Je ne parle bien sûr pas du lundi de Pentecôte. Mais de la Pentecôte renouvelée, de celle que nous devons absolument espérer pour notre Église. On sait que l'expression de "Nouvelle Pentecôte" vient du pape Jean XXIII, au moment où il entrevoyait le concile qui allait modifier la vie de l'Église et mieux l'adapter à sa mission.

 

Brandie quelque temps de façon triomphaliste ("on va voir ce qu'on va voir"), on serait tenté aujourd'hui de la manier avec plus de prudence et de réalisme, en voyant que bien des efforts faits pour ouvrir les portes de nos communautés ont souvent servi, au moins en Occident, à en faire partir un bon nombre, sans que la relève soit encore bien visible. Ne nous berçons pas d'illusions : malgré des éléments de renouveau incontestables (nouvelles communautés, grands rassemblements autour du pape, nouvelle vigueur des pèlerinages...), ce qui domine dans l'opinion et même malheureusement chez beaucoup de catholiques, c'est le sentiment d'un lent étiolement, la perception d'un tissu qui se rétrécit peu à peu, avec l'érosion de l'encadrement sacerdotal, la raréfaction des communautés religieuses, et l'échec de la transmission aux jeunes générations des mœurs et des rites chrétiens...

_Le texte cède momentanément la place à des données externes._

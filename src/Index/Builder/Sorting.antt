-- ===== src/Index/Builder/Sorting.antt =====
-- sortedContents of repo/content/index/index_builder.go gives the contents in the order of their keys.
use kopia.Prelude.{
  ℕ, ◌+◌, ◌*◌, ◌/◌, ◌≤◌, ◌<◌, ◌≡◌, ◌⊎◌, refl, inl, inr, true, false, List, [], ◌∷◌, length, arith,
  All, Ordering, Bool-cases, bytes_equal,
}
use kopia.Index.ContentId.{is_prefix_char, content_id_to_bytes, compare_bytes, is_lt, less}
use kopia.Index.Info.{Info}
use kopia.Index.V1.Keys.{key_of, IsSorted}
use kopia.Index.Builder.{bucket_of, base36_value, insert, sort_slice, first_byte}

-- keys in order
abbrev pub Below : Info → Info → Type 0
Below v w = compare_bytes (key_of v) (key_of w) ≡ Ordering.lt

-- what a content's ID must be: a prefix that is allowed, and some bytes
abbrev pub HasKey : Info → Type 0
HasKey v =
    ((v.content_id.prefix ≡ 0) ⊎ (is_prefix_char v.content_id.prefix ≡ true))
    × (0 < length v.content_id.hash)
    × (first_byte v.content_id.hash < 256)

pub less-key :
    (v w : Info) → less v.content_id w.content_id ≡ is_lt (compare_bytes (key_of v) (key_of w))
unfolding less content_id_to_bytes compare_bytes
less-key v w = ground arith

base36_value-cases :
    (p : ℕ)
    → (p ≡ 0) ⊎ (is_prefix_char p ≡ true)
    → ((p ≡ 0) × (base36_value p ≡ 0)) ⊎ ((b'g' ≤ p) × (base36_value p + 87 ≡ p))
base36_value-cases p h = ground (arith, h)

compare_heads :
    (p q : ℕ) (s t : List ℕ)
    → p * 16 + first_byte s / 16 < q * 16 + first_byte t / 16
    → first_byte t < 256
    → 0 < length s
    → 0 < length t
    → (p < q) ⊎ ((p ≡ q) × (compare_bytes s t ≡ Ordering.lt))
unfolding compare_bytes
compare_heads p q [] t lt h k l = absurd (omega (arith, k))
compare_heads p q (x ∷ s) [] lt h k l = absurd (omega (arith, l))
compare_heads p q (x ∷ s) (y ∷ t) lt h k l = ground (arith, lt, h)

heads :
    (p q x y : ℕ) (s t : List ℕ)
    → ((p ≡ 0) × (x ≡ 0)) ⊎ ((b'g' ≤ p) × (x + 87 ≡ p))
    → ((q ≡ 0) × (y ≡ 0)) ⊎ ((b'g' ≤ q) × (y + 87 ≡ q))
    → (x < y) ⊎ ((x ≡ y) × (compare_bytes s t ≡ Ordering.lt))
    → compare_bytes (p ∷ s) (q ∷ t) ≡ Ordering.lt
unfolding compare_bytes
heads p q x y s t a b c = ground (arith, a, b, c)

-- Buckets are in the order of the keys.
pub bucket-Below :
    (v w : Info) → HasKey v → HasKey w → bucket_of v.content_id < bucket_of w.content_id → Below v w
unfolding bucket_of content_id_to_bytes compare_bytes
bucket-Below v w h k lt =
    let c =
      compare_heads (base36_value v.content_id.prefix) (base36_value w.content_id.prefix)
        v.content_id.hash w.content_id.hash lt k.2 h.1 k.1 in
    heads v.content_id.prefix w.content_id.prefix (base36_value v.content_id.prefix)
      (base36_value w.content_id.prefix) v.content_id.hash w.content_id.hash
      (base36_value-cases v.content_id.prefix h.0) (base36_value-cases w.content_id.prefix k.0) c

-- no two contents have the same key
abbrev pub IsDistinct : List Info → Type 0
IsDistinct [] = Unit
IsDistinct (v ∷ vs) = All (λ w. bytes_equal (key_of v) (key_of w) ≡ false) vs × IsDistinct vs

not_less-Below :
    (s t : List ℕ)
    → bytes_equal s t ≡ false
    → is_lt (compare_bytes s t) ≡ false
    → compare_bytes t s ≡ Ordering.lt
unfolding compare_bytes
not_less-Below [] [] h k = absurd (ground (arith, h))
not_less-Below [] (y ∷ t) h k = absurd (ground (arith, k))
not_less-Below (x ∷ s) [] h k = refl
not_less-Below (x ∷ s) (y ∷ t) h k = ground (arith, h, k, not_less-Below s t)

Below_trans :
    (s t u : List ℕ)
    → compare_bytes s t ≡ Ordering.lt
    → compare_bytes t u ≡ Ordering.lt
    → compare_bytes s u ≡ Ordering.lt
unfolding compare_bytes
Below_trans [] [] u h k = absurd (ground (arith, h))
Below_trans [] (y ∷ t) [] h k = absurd (ground (arith, k))
Below_trans [] (y ∷ t) (z ∷ u) h k = refl
Below_trans (x ∷ s) [] u h k = absurd (ground (arith, h))
Below_trans (x ∷ s) (y ∷ t) [] h k = absurd (ground (arith, k))
Below_trans (x ∷ s) (y ∷ t) (z ∷ u) h k = ground (arith, h, k, Below_trans s t u)

-- the sort

insert-All {κ} :
    (P : Info → Type κ) (v : Info) (ws : List Info) → P v → All P ws → All P (insert v ws)
unfolding insert
insert-All P v [] p a = (p, tt)
insert-All P v (w ∷ ws) p a = elim (Bool-cases (less v.content_id w.content_id)) [
  | inl e ↦ rw e (p, a)
  | inr e ↦ rw e (a.0, insert-All P v ws p a.1)
]

All-Below :
    (v w : Info) (ws : List Info) → Below v w → All (λ x. Below w x) ws → All (λ x. Below v x) ws
All-Below v w [] b a = tt
All-Below v w (x ∷ ws) b a =
    (Below_trans (key_of v) (key_of w) (key_of x) b a.0, All-Below v w ws b a.1)

pub is_lt-lt : (o : Ordering) → is_lt o ≡ true → o ≡ Ordering.lt
is_lt-lt o h = ground (arith, h)

insert-IsSorted :
    (v : Info) (ws : List Info)
    → IsSorted ws
    → All (λ w. bytes_equal (key_of v) (key_of w) ≡ false) ws
    → IsSorted (insert v ws)
unfolding insert
insert-IsSorted v [] s d = (tt, tt)
insert-IsSorted v (w ∷ ws) s d = elim (Bool-cases (less v.content_id w.content_id)) [
  | inl e ↦
      let b : Below v w = is_lt-lt _ (rw (less-key v w) at e) in
      rw e ((b, All-Below v w ws b s.0), s)
  | inr e ↦
      let b : Below w v = not_less-Below (key_of v) (key_of w) d.0 (rw (less-key v w) at e) in
      rw e (insert-All (λ x. Below w x) v ws b s.0, insert-IsSorted v ws s.1 d.1)
]

pub sort_slice-All {κ} : (P : Info → Type κ) (vs : List Info) → All P vs → All P (sort_slice vs)
unfolding sort_slice
sort_slice-All P [] a = tt
sort_slice-All P (v ∷ vs) a = insert-All P v (sort_slice vs) a.0 (sort_slice-All P vs a.1)

pub sort_slice-IsSorted : (vs : List Info) → IsDistinct vs → IsSorted (sort_slice vs)
unfolding sort_slice
sort_slice-IsSorted [] d = tt
sort_slice-IsSorted (v ∷ vs) d =
    insert-IsSorted v (sort_slice vs) (sort_slice-IsSorted vs d.1)
      (sort_slice-All (λ w. bytes_equal (key_of v) (key_of w) ≡ false) vs d.0)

C'est justement dans ces conditions qu'il nous faut attendre la Pentecôte. La Pentecôte, c'est la forme paradoxale du renouvellement dans l'Église. Dès les Actes des Apôtres, on assiste à une série de petites pentecôtes, qui actualisent la première : après l'arrestation des Apôtres et leur délivrance inespérée (Actes 4,31), au moment du baptême des premiers païens (Actes 11, 44-45), à Antioche au départ de la grande mission de Paul...

L'histoire de l'Eglise est jalonnée de ces moments de grâce où l'institution, qui paraissait en fâcheuse posture, voit éclore en son sein une génération spontanée de saints qui l'entraînent vers de nouveaux horizons : que l'on pense à la naissance des ordres mendiants au XIIIe siècle ou au foisonnement spirituel et apostolique de la Rome du milieu du XVIe siècle.

Le Saint Esprit qui souffle soudain en rafales vient redonner souffle de vie à des réalités ecclésiales qui s'étaient trop identifiées au monde, au point d'en épouser le vieillissement. Alors apparaissent des formes inédites et pourtant traditionnelles de prière, de vie commune, d'apostolat, alors s'éveillent une joie, une audace, une ardeur contagieuses, alors les vieilles oppositions sont pour un temps dépassées. Tout ne suit sans doute pas, et la nouveauté n'est souvent qu'un fragile courant aux côtés

d'autres qui ne l'acceptent guère, mais, à force de confiance, de soumission à l'autorité, de patience, voilà que le renouveau finit par rejaillir sur tous le secteurs de la vie de l'Eglise et les entraîne.

Une telle Pentecôte ne vient pas sur commande, elle est le secret de Dieu, mais là encore l'histoire de l'Église nous apprend que le renouveau jaillit souvent dans un moment particulièrement noir et difficile, mais où les chrétiens, au lieu de se décourager, ont redoublé de foi et de prière.

Il est clair qu'aujourd'hui beaucoup d'entre nous se sont peu à peu résignés à la situation et n'envisagent même pas qu'elle puisse changer. Qui espère sérieusement que les foules viennent à nouveau remplir nos églises, que les musulmans soient évangélisés, et que la vie chrétienne rallie à

nouveau la jeunesse ? Pourtant, faute de cela, pouvons-nous être en repos ?

Alors, pour que cette fête de la Pentecôte ne soit pas vaine, jetons-nous au pied du Seigneur, crions, supplions, humilions-nous, oui nous avons péché, nous avons oublié la grandeur de notre vocation, nous avons accepté de faire notre trou dans ce monde, sans plus croire que demain pourrait

changer...Alors que l'Esprit est là, prêt à agir.